ZOR GÜNLERE HAZIR OLUNMALI
Eskilerin “Sen hazırlığı kışa göre yap, bahara çıkarsan bahtına.” dediğini hatırlatan Ramazan Kayan, bu sözden hareketle müminleri bekleyen zorlukları sürekli göz önünde bulundurup rehavete kapılmama zorunluluğuna değindi. Karamsarlığa yenik düşmeden, her şeyin yaşananlardan ibaret olmadığını bir gören, bilenin, duyanın ve kayıt altında olduğunun bilinmesi gerektiğini söyleyen Kayan; “Belki daha zor günlere kendimizi hazırlamanın çaba ve gayretinde inşallah olacağız. Bu arada yaşananlardan, olup bitenlerden söz edeceğiz. İslami hedef ve gayretlerimizi, mücadelimizi, davetlerimizi, toplumsal dönüşüm hesaplarımızı değişim hedeflerimizi ortaya koyarken kendimizi asla belli bir süreçle, konseptle, iktidarla, elde edilen fırsatlarla sınırlamadan her zorluğun geleceğini bilmeliyiz. Nasıl ayakta kalabilirizin hesabını yaparak uzun soluklu bir mücadelenin ve gelecek kuşaklara nasıl bir miras bırakmamız gerektiğinin gayreti, çabası, hesabı üzerinde duracağız.” ifadelerine yer verdi.
NİHAİ HEDEFLERİ İSLAM
Gereken bilinç elde edilirse ani kırılmalar ve ani tökezlemelerin olamayacağını belirten Ramazan Kayan, bu sayede olgunlaşıp, hayatı daha olumlu yakalamaya vesile olabileceğini ifade etti. Özellikle kişilerin iç dünyalarının daha bir muhkemleşmesi için, kardeşlik duygularını tehdit eden olumsuzlukları göz önüne alınması gerektiğini kaydaden Kayan şöyle konuştu: “Güçlü bir duruş ve yürüyüş sonraki nesiller için de nasıl sürdürülebilir, gayret ve çaba içerisinde nasıl olunur? Şu zaman sürecinde ortaya nasıl bir pratik koyacağız? Bir yol haritasını nasıl netleştireceğiz? Hedeflerimize yoğunlaşırken özellikle çok daha güçlü desteklerle hedeflere nasıl odaklanacağız bununla ilgili bir kaç şeye atıfta bulunmak istiyorum.
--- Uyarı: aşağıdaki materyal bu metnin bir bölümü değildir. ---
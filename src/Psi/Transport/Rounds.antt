-- ===== src/Psi/Transport/Rounds.antt =====
-- One packet of `sec2ts_impl`, filled and taken.
use mathlib.Core.Path.{subst}
use mopa.Base.{
  ℕ, suc, ◌<◌, ◌≤◌, ◌≡◌, refl, sym, ap, ◌∙◌, arith, List, [], ◌∷◌, ◌++◌, Bool, true, false, length,
  take, drop, ◌==◌, if◌then◌else◌, append_assoc, append-nil, length-append, length-take,
  take-append-drop, Outcome, ok, bind,
}
use mopa.Psi.Extractor.{Memcpy, wait_more, Extractor, Sections, ts_packet}
use mopa.Psi.Extractor.Whole.{join}
use mopa.Psi.Transport.Lengths.{
  CopiesInPlace, IsSent-IsSection, AllSent-AllSections, IsSent, AllSent, none_sent,
}
use mopa.Psi.Packetizer.{
  Packetizer, Packets, copy, producing, next_cc, finished, fix_header, afc_of,
}
use mopa.Psi.Packetizer.Copying.{fix_header-IsPacket, copied, copy_fits, length-overwrite}
use mopa.Psi.Transport.Header.{header, fix_header_lem}
use mopa.Psi.Transport.Reception.{held, held_open, after, completed, unfinished}
use mopa.Psi.Transport.Layout.{drop_whole}
use mopa.Psi.Transport.Arrival.{Awaits, part_arrives}
use mopa.Psi.Transport.Link.{
  Fits, finished-Fits, Begun, idle, Delivers, Delivers-producing, Delivers-nothing,
}
use mopa.Psi.Transport.Copying.{Begun-copied}

-- A section of which the extractor has the bytes in front of `bytes`.
pub record Resumes {S : Type 0} (c : Packetizer S) (e : Extractor) (s bytes : List ℕ) : Type 0 where
  pub fits : Fits c
  pub unset : c.pusi ≡ false
  pub set : e.callback_set ≡ true
  pub one : IsSent e.max_section_size s
  pub waits : e.state ≡ wait_more
  pub in_turn : next_cc e.cc ≡ c.cc
  pub whole : e.content ++ bytes ≡ s
  pub some_byte : 0 < length bytes

-- The section behind a full packet.
unsent : List ℕ → List ℕ → Sections
unsent s [] = []
unsent s (b ∷ bs) = s ∷ []

completed-unsent : (s rest : List ℕ) → completed s rest ++ unsent s rest ≡ s ∷ []
unfolding unsent
completed-unsent s [] = refl
completed-unsent s (b ∷ bs) = refl

some_left : (n : ℕ) → (suc n == 0) ≡ false
some_left n = ground arith

-- What follows a packet that is full.
next_packet :
    ⦃m : Memcpy⦄ {S : Type 0} (c : Packetizer S) (again : Outcome (Packets × Packetizer S))
    (e : Extractor) (s t rest : List ℕ)
    → Fits c
    → c.payload_start ≡ 0
    → c.pusi ≡ false
    → e.callback_set ≡ true
    → IsSent e.max_section_size s
    → e.state ≡ after rest
    → held e ≡ unfinished t rest
    → next_cc e.cc ≡ c.cc
    → t ++ rest ≡ s
    → (Resumes c e s rest → Delivers again e (s ∷ []))
    → Delivers (if length rest == 0 then ok ([], c) else again) e (unsent s rest)
unfolding unsent
next_packet c again e s t [] fits start unset set one waits held_is in_turn whole resume =
    Delivers-nothing c e []
      record { fits = fits; set = set; all = none_sent; phase = idle start unset waits refl }
next_packet c again e s t (b ∷ bs) fits start unset set one waits held_is in_turn whole resume =
    rw (some_left (length bs)) (
      resume record {
        fits = fits;
        unset = unset;
        set = set;
        one = one;
        waits = waits;
        in_turn = in_turn;
        whole = ap (λ x. x ++ b ∷ bs) (held_open e t waits held_is) ∙ whole;
        some_byte = omega arith;
      })

module _ ⦃m : Memcpy⦄ ⦃place : CopiesInPlace⦄ {S : Type 0} where
  pub afc_is : (c : Packetizer S) → c.payload_start ≡ 4 → afc_of c ≡ 1
  afc_is c start = rw start

  -- The packet that goes out when it is full.
  full_packet :
      (start : Bool) (g : Packetizer S → ℕ) (c : Packetizer S) (e : Extractor) (sent bytes : List ℕ)
      → Fits c
      → (b : Begun c e sent) → length bytes ≡ length b.free
      → (fix_header start
          (afc_of (copied bytes c))
          (record (copied bytes c) { payload_end = g (copied bytes c) })).packet
        ≡ header start 1 c.pid c.cc ++ b.pointer ++ (b.body ++ bytes)
  unfolding copied
  full_packet start g c e sent bytes fits b full =
      let d : Packetizer S = copied bytes c in
      let laid = Begun-copied c e sent bytes fits.size b (omega arith) in
      let size : length d.packet ≡ 188 =
        length-overwrite c.packet c.payload_end bytes (omega (arith, laid.0, fits.size))
        ∙ fits.size in
      fix_header_lem start (afc_of d) (record d { payload_end = g d }) (omega arith)
      ∙ ap (λ a. header start a c.pid c.cc ++ drop 4 d.packet) (afc_is d b.start)
      ∙ ap (λ x. header start 1 c.pid c.cc ++ x)
          (laid.1
            ∙ ap (λ x. (b.pointer ++ (b.body ++ bytes)) ++ x)
                (ap (λ k. drop k b.free) full ∙ drop_whole b.free)
            ∙ append-nil _)

  -- A section that fills the packet.
  pub fills_lem :
      (f : Packetizer S → Bool) (g : Packetizer S → ℕ) (n : ℕ) (c : Packetizer S) (e : Extractor)
      (pending : Sections) (s sent bytes : List ℕ)
      (again : Packetizer S → Outcome (Packets × Packetizer S))
      → Fits c
      → e.callback_set ≡ true
      → AllSent e.max_section_size pending
      → IsSent e.max_section_size s
      → (b : Begun c e (join pending ++ sent)) → c.pusi ≡ f (copied (take n bytes) c)
      → sent ++ bytes ≡ s
      → n ≡ length b.free
      → n ≤ length bytes
      → m.front (length (join pending)) (sent ++ take n bytes) ≡ sent ++ take n bytes
      → ((d : Packetizer S) (peer : Extractor)
          → Resumes (finished d) peer s (drop n bytes)
          → Delivers (again d) peer (s ∷ []))
      → Delivers
          (bind (copy (take n bytes) c) (λ (_, d).
            let full : Packetizer S =
              fix_header (f d) (afc_of d) (record d { payload_end = g d }) in
            producing full.packet
              (if length (drop n bytes) == 0 then ok ([], finished full) else again full)))
          e
          (pending ++ s ∷ [])
  unfolding copied fix_header
  fills_lem f g n c e pending s sent bytes again fits set all one b pusi whole room full copies
        resume =
      let t = take n bytes in
      let rest = drop n bytes in
      let some : length t ≡ n = omega (arith, length-take n bytes) in
      let laid = Begun-copied c e (join pending ++ sent) t fits.size b (omega arith) in
      let d : Packetizer S = copied t c in
      let start = f d in
      let sent_packet : Packetizer S =
        fix_header start (afc_of d) (record d { payload_end = g d }) in
      let whole' : (sent ++ t) ++ rest ≡ s =
        append_assoc sent t rest ∙ ap (λ x. sent ++ x) (take-append-drop n bytes) ∙ whole in
      let packet = full_packet start g c e (join pending ++ sent) t fits b (omega arith) in
      let parts =
        part_arrives start c.pid c.cc b.pointer b.kept (b.body ++ t) e pending s (sent ++ t) rest
          fits.pid_fits fits.cc_fits (subst (λ x. Awaits e x b.pointer c.cc b.kept) pusi b.awaits)
          (omega
            (arith, some, laid.0, b.end_is, length-append b.pointer b.body, length-append b.body t))
          set (AllSent-AllSections all) (IsSent-IsSection one)
          (sym (append_assoc b.kept b.body t)
            ∙ ap (λ x. x ++ t) b.so_far
            ∙ append_assoc (join pending) sent t)
          whole' (omega (arith, some, b.some_room, length-append sent t)) copies in
      let fixed =
        fix_header-IsPacket start (afc_of d) (record d { payload_end = g d })
          (length-overwrite c.packet c.payload_end t (omega (arith, laid.0, fits.size))
            ∙ fits.size) in
      let followed =
        next_packet (finished sent_packet) (again sent_packet) parts.next s (sent ++ t) rest
          (finished-Fits sent_packet
            record { size = fixed.size; pid_fits = fits.pid_fits; cc_fits = fits.cc_fits })
          refl refl (parts.still_set ∙ set) (subst (λ m. IsSent m s) (sym parts.same_limit) one)
          parts.state_is parts.held_is (ap next_cc parts.same_cc) whole'
          (resume sent_packet parts.next) in
      rw (copy_fits t c (omega (arith, laid.0))) (
        subst (Delivers _ e)
          (append_assoc pending (completed s rest) (unsent s rest)
            ∙ ap (λ x. pending ++ x) (completed-unsent s rest))
          (Delivers-producing sent_packet.packet _ e parts.next (pending ++ completed s rest)
            (unsent s rest) (ap (λ p. ts_packet p e) packet ∙ parts.returned) parts.same_limit
            followed))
Soğuk savaş döneminden sonra Sovyetler’in dağılmasından sonra batının önüne koyduğu hedeflerden biriydi. Bundan sonra savaş İslam ve İslam arasında olacaktır demişlerdi. Özellikle altı çizildi; ‘Bundan sonra savaş Ilımlı İslam ile Militan İslam arasında olacaktır.’ Bugüne gelinceye kadar görüyoruz ki İslam dünyası iç sorunlarından bir türlü kurtulamıyor. İslam dünyasında biriken enerjiler birbirlerine karşı bir çok yerde kullanma riski ile karşı karşıya geliyoruz.”
SÜREÇ İYİ OKUNMAK ZORUNDA
İran, Lübnan, Yemen, Afganistan, Pakistan gibi ülkelerin neyi anlatmak istediği noktasında çok açık ve somut örnekler olduğunu kaydeden Ramazan Kayan şunları söyledi: “Biriken bir potansiyel vardı. Bu potansiyeli daha büyük projelere, ümmet olarak yoğunlaşamadığımız için maalesef şu an ümmetin tüm birikiminin iç yaralarla, kavgalarla ne hale geldiğinin acı örneğini bizim kuşak yaşıyoruz. Arap Baharı diye nitelendirilen süreçten gerçekten çok umutlandık. Ümmet için yüzyılın sonunda belki yeni bir fırsat, ümmetin üzerine ölü toprağı serpilmişlikten yeniden o tarihi duruşunu yakalamak, tarihe yeniden not düşmek, ümmetin maruz kaldığı sefaletin, sömürülmüşlüğün, ezilmişliğin altından kalkıp bir diriliş ve direniş ruhunu çağa taşıma noktasında güzel girişimlerdi. Akabinde son 2 yıldır yaşananlar bizim baharımızı kışa döndürmek için şer güçlerin hangi tuzaklarla, hesaplarla, kumpaslarla karşımıza çıktıklarının açık acı örnekleriyle karşı karşıyayız. Tabii bunu iyi okumak lazım. Biz de karamsarlık oluşturmadan yeni süreci nasıl karşılayıp göğüsleyeceğimizi bilmemiz gerekiyor.”
TÜRKİYE MÜSLAMANLAR’I
İÇİN FIRSAT VAR
Ramazan Kayan, Mısır’da, Libya’da yaşananlar ve Tunus’ta yeni girilen sürece bakıldığında yeni dönem konseptinde en tehlikeli durumun Müslümanlar arasında hizipçi, mezhepçi, asabiyetlerin içerdikleri riskleri herkesin çok açık görebildiklerini kaydetti. Bu konuda Türkiye Müslümanlar’ı olarak entellektüel birikimle, biraz daha soğukkanlı, sorunları tartışabilecek, kritiğini, analizini yapabilecek bir fırsatın olduğunu belirten Kayan; “İslam ümmetine nasıl bir örnek sunacağız ve ümmetin maruz kaldığı bu yeni durumdan daha az hasarla nasıl çıkabileceğiz? Sadece kendimiz için, içteki sıkıntıların çözümü için değil, dünya Müslümanlarının yaşadıkları bu zorlu süreçte bizim ortaya koyacağımız perspektif, bizim sunacağımız belki örneklik inşallah gecikmişte olsa yaralarımızı sarma noktasında yeni imkanlara neden olabilir diye ümit ediyoruz.” dedi.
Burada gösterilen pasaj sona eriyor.